== WHAT NEEDS TO BE DONE ==
Since only the total matters, count the lines of these entries containing the word "ground" and write that total alone.

== STUDY MATERIAL ==
● ● ● ● ● ● ●

-- ===== src/Gateway/Errors/Fallback.antt =====
-- internal/gateway/provider.go: the errors that the fallback is for.
use costguard.Base.{
  ℕ, ◌≡◌, ◌⊎◌, inl, inr, refl, String, true, List, [], ◌∷◌, ◌++◌, take, drop, map, runes, starts,
  lower, any, arith, Bool-cases,
}
use costguard.Providers.{provider_unavailable}
use costguard.Gateway.Errors.{
  GoError, holds, says, says_lower, is_timeout_error, is_5xx_error, is_net_error,
  gateway_error_category, retryable_texts, is_retryable_provider_error, provider_timeout,
  upstream_status_error, circuit_breaker_open, provider_not_found,
}

starts-lower : (p s : List ℕ) → starts p s ≡ true → starts (map lower p) (map lower s) ≡ true
starts-lower [] s h = refl
starts-lower (c ∷ p) [] h = ground arith
starts-lower (c ∷ p) (d ∷ s) h = ground (arith, starts-lower p s)

starts-append_right : (p q s : List ℕ) → starts (p ++ q) s ≡ true → holds q s ≡ true
starts-append_right [] q [] h = h
starts-append_right [] q (d ∷ s) h = ground arith
starts-append_right (c ∷ p) q [] h = ground arith
starts-append_right (c ∷ p) q (d ∷ s) h = ground (arith, starts-append_right p q s)

holds-lower : (p s : List ℕ) → holds p s ≡ true → holds (map lower p) (map lower s) ≡ true
holds-lower p [] h = starts-lower p [] h
holds-lower p (c ∷ s) h = ground (arith, starts-lower p (c ∷ s), holds-lower p s)

holds-append_right : (p q s : List ℕ) → holds (p ++ q) s ≡ true → holds q s ≡ true
holds-append_right p q [] h = starts-append_right p q [] h
holds-append_right p q (c ∷ s) h =
    ground (arith, starts-append_right p q (c ∷ s), holds-append_right p q s)

says_timeout : (e : GoError) → says e "provider_timeout" ≡ true → says_lower e "timeout" ≡ true
says_timeout e h =
    holds-append_right (runes "provider_") (runes "timeout") (map lower e.message)
      (holds-lower (runes "provider_timeout") e.message h)

any_of :
    (e : GoError) (pre post : List String) (text : String)
    → says_lower e text ≡ true
    → any (λ t. says_lower e t) (pre ++ (text ∷ post)) ≡ true
any_of e [] post text h = ground arith
any_of e (t ∷ pre) post text h = ground (arith, any_of e pre post text h)

retryable_of_text :
    (e : GoError)
    → any (λ t. says_lower e t) retryable_texts ≡ true
    → is_retryable_provider_error e ≡ true
unfolding is_retryable_provider_error
retryable_of_text e h = ground arith

retryable_of_net : (e : GoError) → is_net_error e ≡ true → is_retryable_provider_error e ≡ true
unfolding is_retryable_provider_error
retryable_of_net e h = rw h refl

-- Why an error counts as an unavailable provider.
unavailable_reasons :
    (e : GoError)
    → (e.deadline_exceeded ≡ true → is_net_error e ≡ true)
    → gateway_error_category e ≡ provider_unavailable
    → (is_net_error e ≡ true)
      ⊎ ((says e "provider_timeout" ≡ true)
          ⊎ ((says_lower e "connection refused" ≡ true)
              ⊎ ((says_lower e "dial tcp" ≡ true) ⊎ (says_lower e "no such host" ≡ true))))
unfolding gateway_error_category is_timeout_error is_5xx_error
unavailable_reasons e deadline h = ground (
  arith,
  Bool-cases (says e "provider_timeout"),
  Bool-cases (says_lower e "connection refused"),
  Bool-cases (says_lower e "dial tcp"),
)

-- An error that counts as an unavailable provider is one that the fallback is tried for, if an
-- exceeded deadline is a `net.Error`, as the two of Go are.
pub unavailable_is_retryable :
    (e : GoError)
    → (e.deadline_exceeded ≡ true → is_net_error e ≡ true)
    → gateway_error_category e ≡ provider_unavailable
    → is_retryable_provider_error e ≡ true
unavailable_is_retryable e deadline h =
    let texts = retryable_texts in
    elim (unavailable_reasons e deadline h) [
      | inl net ↦ retryable_of_net e net
      | inr (inl text) ↦
          retryable_of_text e
            (any_of e (take 9 texts) (drop 10 texts) "timeout" (says_timeout e text))
      | inr (inr (inl text)) ↦
          retryable_of_text e (any_of e (take 6 texts) (drop 7 texts) "connection refused" text)
      | inr (inr (inr (inl text))) ↦
          retryable_of_text e (any_of e (take 3 texts) (drop 4 texts) "dial tcp" text)
      | inr (inr (inr (inr text))) ↦
          retryable_of_text e (any_of e (take 5 texts) (drop 6 texts) "no such host" text)
    ]

-- The errors that the gateway itself makes are errors that the fallback is tried for, whatever the
-- provider's name, status and cause: a timeout at the end of the retries, which also counts as an
-- unavailable provider, a status of the upstream from 500 on, an open breaker, and a provider that
-- is not registered.
pub gateway_errors_are_retryable :
    (provider : String) (status_code : ℕ) (e : GoError)
    → (gateway_error_category (provider_timeout provider e) ≡ provider_unavailable)
      × (is_retryable_provider_error (provider_timeout provider e) ≡ true)
      × (is_retryable_provider_error (upstream_status_error status_code provider) ≡ true)
      × (is_retryable_provider_error (circuit_breaker_open provider) ≡ true)
      × (is_retryable_provider_error (provider_not_found provider) ≡ true)
unfolding gateway_error_category is_timeout_error is_5xx_error provider_timeout
    upstream_status_error circuit_breaker_open provider_not_found
gateway_errors_are_retryable provider status_code e = (
  ground arith,
  retryable_of_text (provider_timeout provider e) (
      any_of (provider_timeout provider e) (take 9 retryable_texts) (drop 10 retryable_texts)
        "timeout" refl),
  retryable_of_text (upstream_status_error status_code provider) (
      any_of (upstream_status_error status_code provider) (take 2 retryable_texts)
        (drop 3 retryable_texts) "upstream_5xx" refl),
  retryable_of_text (circuit_breaker_open provider) (
      any_of (circuit_breaker_open provider) [] (drop 1 retryable_texts) "circuit_breaker_open"
        refl),
  retryable_of_text (provider_not_found provider) (
      any_of (provider_not_found provider) (take 1 retryable_texts) (drop 2 retryable_texts)
        "provider not found" refl),
)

● ● ● ● ● ● ●

== RESPONSE ==
12